Fast zwei von fünf Menschen in Deutschland haben einer neuen Umfrage zufolge Angst vor sozialem Abstieg. Gefragt wurde nach der Sorge, im Jahr 2026 einen sozialen Abstieg zu erleben. Als Beispiele für so einen Abstieg wurden in der Civey-Umfrage im Auftrag des Sozialverbands Deutschland (SoVD) finanzielle Einbußen, weniger Infrastruktur im Wohnumfeld, weniger soziale Teilhabe und zunehmende Einsamkeit genannt.

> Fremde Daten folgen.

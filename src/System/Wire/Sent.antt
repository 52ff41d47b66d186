-- ===== src/System/Wire/Sent.antt =====
-- What the SSC writes are messages that the management process can handle.
use pi_ssc_ssd_ssa.Common.{
  ℕ, ◌≡◌, refl, inl, inr, true, Option, none, some, List, [], ◌∷◌, ◌==◌, arith, if_both, Ensures,
  Ensures-some, every, every-append, ◌>>=◌, Option-cases, get_or, set,
}
use pi_ssc_ssd_ssa.Public.{Entry}
use pi_ssc_ssd_ssa.Public.Message.{
  DsInfo, ds_static, ds_dyn, Payload, nothing, int_arg, static_mac, mac_entry, conf_info, ds_info,
  Msg, message, msgid_mac_add_addr, msgid_mac_clear_dyn, msgid_clear_vlan_mac,
  msgid_clear_inter_dyn, msgid_mac_inter_learn, msgid_mac_agetime, msgid_start, msgid_ing,
  msgid_end, msgid_mac_fetch, msgid_mac_addr_notify,
}
use pi_ssc_ssd_ssa.Hlist.{Hlist}
use pi_ssc_ssd_ssa.Table.{Table}
use pi_ssc_ssd_ssa.Pi.Db.{Env}
use pi_ssc_ssd_ssa.Pi.Process.Queue.{can_handle}
use pi_ssc_ssd_ssa.Ssc.Db.{SscDb, lock}
use pi_ssc_ssd_ssa.Ssc.Comm.{
  Platform, Ssc, on_db, ssc_send_msg_pi, ssc_send_ssd_conf, ssc_recevie_msg_pi, ssc_mac_update_recv,
  ssc_add_static_func, ssc_clear_dyn_func, ssc_clear_vlan_func, ssc_clear_inter_func,
  ssc_modify_age_time, ssc_modify_inter_lean_sta, ssc_rece_pi_ds_start, ssc_rece_pi_ds_data,
  ssc_rece_pi_ds_end, ssc_deal_ds,
}
use pi_ssc_ssd_ssa.Ssc.Sync.{
  ssc_send_pi_fetch, send_up, send_chain, send_table, ssc_ds_conf_info, ssc_ds_static_info,
  ssc_ds_dyn_info,
}
use pi_ssc_ssd_ssa.Ssc.Process.{
  Part, sync_start, sync_conf, sync_static, sync_dyn, sync_end, connecting, reading, Event, connect,
  read, read_failed, notified, sync, looked, Process, sync_part, pthread_deal_func, sync_thread,
  step,
}

module _ (H : Hlist Entry) (env : Env) (platform : Platform) where
  abbrev pub CanPi : Ssc H → Type 0
  CanPi s = every can_handle s.to_pi ≡ true

  send-CanPi :
      (type : ℕ) (p : Payload) (s : Ssc H)
      → can_handle (message type p) ≡ true
      → CanPi s
      → CanPi (ssc_send_msg_pi H env type p s)
  unfolding ssc_send_msg_pi every
  send-CanPi type p s can v =
      if_both CanPi env.mem _ s
        (every-append can_handle s.to_pi (message type p ∷ []) v (ground (arith, can))) v

  -- A message to the line cards, and a call on the database, write nothing to the socket.
  ssd-CanPi :
      (type : ℕ) (p : Payload) (s : Ssc H)
      → CanPi s
      → CanPi (ssc_send_ssd_conf H env platform type p s)
  unfolding ssc_send_ssd_conf
  ssd-CanPi type p s v = if_both CanPi platform.alloc _ s v v

  on_db-CanPi :
      (f : SscDb H → Option (SscDb H)) (s : Ssc H)
      → CanPi s
      → Ensures CanPi (on_db H env platform f s)
  unfolding on_db
  on_db-CanPi f s v = elim (Option-cases (f s.db)) [
    | inl stuck ↦ rw stuck tt
    | inr (db, run) ↦ rw run v
  ]

  sent_on_db-CanPi :
      (type : ℕ) (p : Payload) (f : SscDb H → Option (SscDb H)) (s : Ssc H)
      → CanPi s
      → Ensures CanPi (on_db H env platform f (ssc_send_ssd_conf H env platform type p s))
  sent_on_db-CanPi type p f s v = on_db-CanPi f _ (ssd-CanPi type p s v)

  recevie-CanPi :
      (m : Msg) (s : Ssc H) → CanPi s → Ensures CanPi (ssc_recevie_msg_pi H env platform m s)
  unfolding ssc_recevie_msg_pi ssc_add_static_func ssc_clear_dyn_func ssc_clear_vlan_func
      ssc_clear_inter_func ssc_modify_inter_lean_sta ssc_modify_age_time ssc_rece_pi_ds_start
      ssc_rece_pi_ds_data ssc_rece_pi_ds_end
  recevie-CanPi m s v =
      let t = m.msg_type in
      let Q : Option (Ssc H) → Type 0 = Ensures CanPi in
      let next = if_both Q in
      let P = λ (f : Payload → Ssc H → Option (Ssc H)). (p : Payload) → Ensures CanPi (f p s) in
      let add : P (ssc_add_static_func H env platform) = λ p.
        elim p as (λ k. Q (ssc_add_static_func H env platform k s)) [
          | static_mac a ↦ sent_on_db-CanPi _ _ _ s v
          | _ ↦ tt
        ] in
      let vlan : P (ssc_clear_vlan_func H env platform) = λ p.
        elim p as (λ k. Q (ssc_clear_vlan_func H env platform k s)) [
          | int_arg a ↦ sent_on_db-CanPi _ _ _ s v
          | _ ↦ tt
        ] in
      let inter : P (ssc_clear_inter_func H env platform) = λ p.
        elim p as (λ k. Q (ssc_clear_inter_func H env platform k s)) [
          | int_arg a ↦ sent_on_db-CanPi _ _ _ s v
          | _ ↦ tt
        ] in
      let sta : P (ssc_modify_inter_lean_sta H env platform) = λ p.
        elim p as (λ k. Q (ssc_modify_inter_lean_sta H env platform k s)) [
          | int_arg a ↦ sent_on_db-CanPi _ _ _ s v
          | _ ↦ tt
        ] in
      let age : P (ssc_modify_age_time H env platform) = λ p.
        elim p as (λ k. Q (ssc_modify_age_time H env platform k s)) [
          | int_arg a ↦ sent_on_db-CanPi _ _ _ s v
          | _ ↦ tt
        ] in
      let conf : P (ssc_rece_pi_ds_data H env platform) = λ p.
        elim p as (λ k. Q (ssc_rece_pi_ds_data H env platform k s)) [
          | conf_info a ↦ on_db-CanPi _ s v
          | _ ↦ tt
        ] in
      next (t == msgid_mac_add_addr) _ _ (add m.msg) (
        next (t == msgid_mac_clear_dyn) _ _ (sent_on_db-CanPi _ _ _ s v) (
          next (t == msgid_clear_vlan_mac) _ _ (vlan m.msg) (
            next (t == msgid_clear_inter_dyn) _ _ (inter m.msg) (
              next (t == msgid_mac_inter_learn) _ _ (sta m.msg) (
                next (t == msgid_mac_agetime) _ _ (age m.msg) (
                  next (t == msgid_start) _ _ v
                    (next (t == msgid_ing) _ _ (conf m.msg) (next (t == msgid_end) _ _ v tt))))))))

  notified-CanPi :
      (e : Entry) (s : Ssc H)
      → CanPi s
      → Ensures CanPi (ssc_mac_update_recv H env platform (mac_entry e) s)
  unfolding ssc_mac_update_recv can_handle
  notified-CanPi e s v =
      let e' = record e { port_id = platform.user_ifx e.port_id } in
      let w = send-CanPi msgid_mac_addr_notify (mac_entry e') s refl v in
      if_both (Ensures CanPi) (e.flags == 0) _ _ (on_db-CanPi _ _ w) (on_db-CanPi _ _ w)

  chain-CanPi :
      (f : Entry → DsInfo) (es : List Entry) (s : Ssc H) → CanPi s → CanPi (send_chain H env f es s)
  unfolding send_chain send_up can_handle
  chain-CanPi f [] s v = v
  chain-CanPi f (e ∷ es) s v = chain-CanPi f es _ (send-CanPi msgid_ing (ds_info (f e)) s refl v)

  table-CanPi :
      (f : Entry → DsInfo) (t : Table H) (s : Ssc H) → CanPi s → CanPi (send_table H env f t s)
  unfolding send_table
  table-CanPi f [] s v = v
  table-CanPi f (h ∷ t) s v =
      table-CanPi f t _ (if_both CanPi (H.no_first h) s _ v (chain-CanPi f (H.walk h) s v))

  locked-CanPi :
      (db : SscDb H) (f : SscDb H → Ssc H)
      → ((d : SscDb H) → CanPi (f d))
      → Ensures CanPi (lock H db >>= (λ d. some (f d)))
  locked-CanPi db f v = elim (Option-cases (lock H db)) [
    | inl taken ↦ rw taken tt
    | inr (d, free) ↦ rw free (v d)
  ]

  part-CanPi : (part : Part) (s : Ssc H) → CanPi s → Ensures CanPi (sync_part H env platform part s)
  unfolding sync_part ssc_ds_conf_info ssc_ds_static_info ssc_ds_dyn_info send_up can_handle
  part-CanPi sync_start s v = send-CanPi msgid_start nothing s refl v
  part-CanPi sync_conf s v =
      if_both (Ensures CanPi) env.mem _ _
        (locked-CanPi s.db _ (λ d. send-CanPi msgid_ing _ _ refl v)) v
  part-CanPi sync_static s v =
      if_both (Ensures CanPi) env.mem _ _
        (locked-CanPi s.db _ (λ d. table-CanPi ds_static d.static_tbl s v)) v
  part-CanPi sync_dyn s v =
      if_both (Ensures CanPi) env.mem _ _
        (locked-CanPi s.db _ (λ d. table-CanPi ds_dyn d.dyn_tbl s v)) v
  part-CanPi sync_end s v = send-CanPi msgid_end nothing s refl v

  abbrev Goes : Option (Process H) → Type 0
  Goes o = Ensures (λ (q : Process H). CanPi q.ssc) o

  -- A step that goes on with what a call on the state of the SSC leaves.
  after-CanPi :
      (o : Option (Ssc H)) (f : Ssc H → Process H)
      → ((s : Ssc H) → CanPi s → CanPi (f s).ssc)
      → Ensures CanPi o
      → Goes (o >>= (λ s. some (f s)))
  after-CanPi none f keeps v = tt
  after-CanPi (some s) f keeps v = keeps s v

  connection-CanPi :
      (e : Event) (p : Process H) → CanPi p.ssc → Goes (pthread_deal_func H env platform e p)
  unfolding pthread_deal_func ssc_send_pi_fetch can_handle
  connection-CanPi (connect ok create) p v =
      elim p.link
        as (λ l.
          Goes (pthread_deal_func H env platform (connect ok create) (record p { link = l }))) [
            | connecting ↦ if_both (Goes) ok _ _ (send-CanPi msgid_mac_fetch nothing p.ssc refl v) v
            | _ ↦ tt
          ]
  connection-CanPi (read m) p v =
      elim p.link
        as (λ l. Goes (pthread_deal_func H env platform (read m) (record p { link = l }))) [
          | reading ↦ after-CanPi _ _ (λ s w. w) (recevie-CanPi m p.ssc v)
          | _ ↦ tt
        ]
  connection-CanPi (read_failed opened) p v =
      elim p.link
        as (λ l.
          Goes (pthread_deal_func H env platform (read_failed opened) (record p { link = l }))) [
            | reading ↦ v
            | _ ↦ tt
          ]
  connection-CanPi e p v = tt

  sync-CanPi : (k : ℕ) (p : Process H) → CanPi p.ssc → Goes (sync_thread H env platform k p)
  unfolding sync_thread
  sync-CanPi k p v =
      elim (get_or p.threads k [])
        as (λ l. Goes (elim l [
          | [] ↦ none
          | part ∷ rest ↦
              sync_part H env platform part p.ssc
              >>= (λ s. some (record p { ssc = s; threads = set p.threads k rest }))
        ])) [ [] ↦ tt | part ∷ rest ↦ after-CanPi _ _ (λ s w. w) (part-CanPi part p.ssc v) ]

  steps-CanPi : (e : Event) (p : Process H) → CanPi p.ssc → Goes (step H env platform e p)
  unfolding step ssc_deal_ds ssc_mac_update_recv
  steps-CanPi (connect ok create) p v = connection-CanPi (connect ok create) p v
  steps-CanPi (read m) p v = connection-CanPi (read m) p v
  steps-CanPi (read_failed opened) p v = connection-CanPi (read_failed opened) p v
  steps-CanPi (notified (mac_entry e)) p v = after-CanPi _ _ (λ s w. w) (notified-CanPi e p.ssc v)
  steps-CanPi (notified body) p v = tt
  steps-CanPi (sync k) p v = sync-CanPi k p v
  steps-CanPi looked p v = if_both CanPi p.ssc.ds_is_end _ _ v v

  -- What the SSC has written stays what the management process can handle.
  pub step-CanPi :
      (e : Event) (p p' : Process H)
      → CanPi p.ssc
      → step H env platform e p ≡ some p'
      → CanPi p'.ssc
  step-CanPi e p p' v run =
      Ensures-some (λ (q : Process H). CanPi q.ssc) _ p' (steps-CanPi e p v) run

Bei rund 39 Prozent sind entsprechende Sorgen demnach sehr oder eher groß. Bei 43 Prozent sind derartige Abstiegsängste eher oder sehr klein. 18 Prozent sind unentschieden.

Bei den Unter-40-Jährigen gab sogar rund die Hälfte an, große Sorgen vor einem sozialen Abstieg zu haben, bei den Über-65-Jährigen rund 29 Prozent. Frauen äußern mit rund 43 Prozent deutlich häufiger große Sorgen als Männer (35 Prozent). In Ostdeutschland liegt der Anteil der stark Besorgten laut dieser Umfrage bei rund 42 Prozent, im Westen bei rund 38 Prozent.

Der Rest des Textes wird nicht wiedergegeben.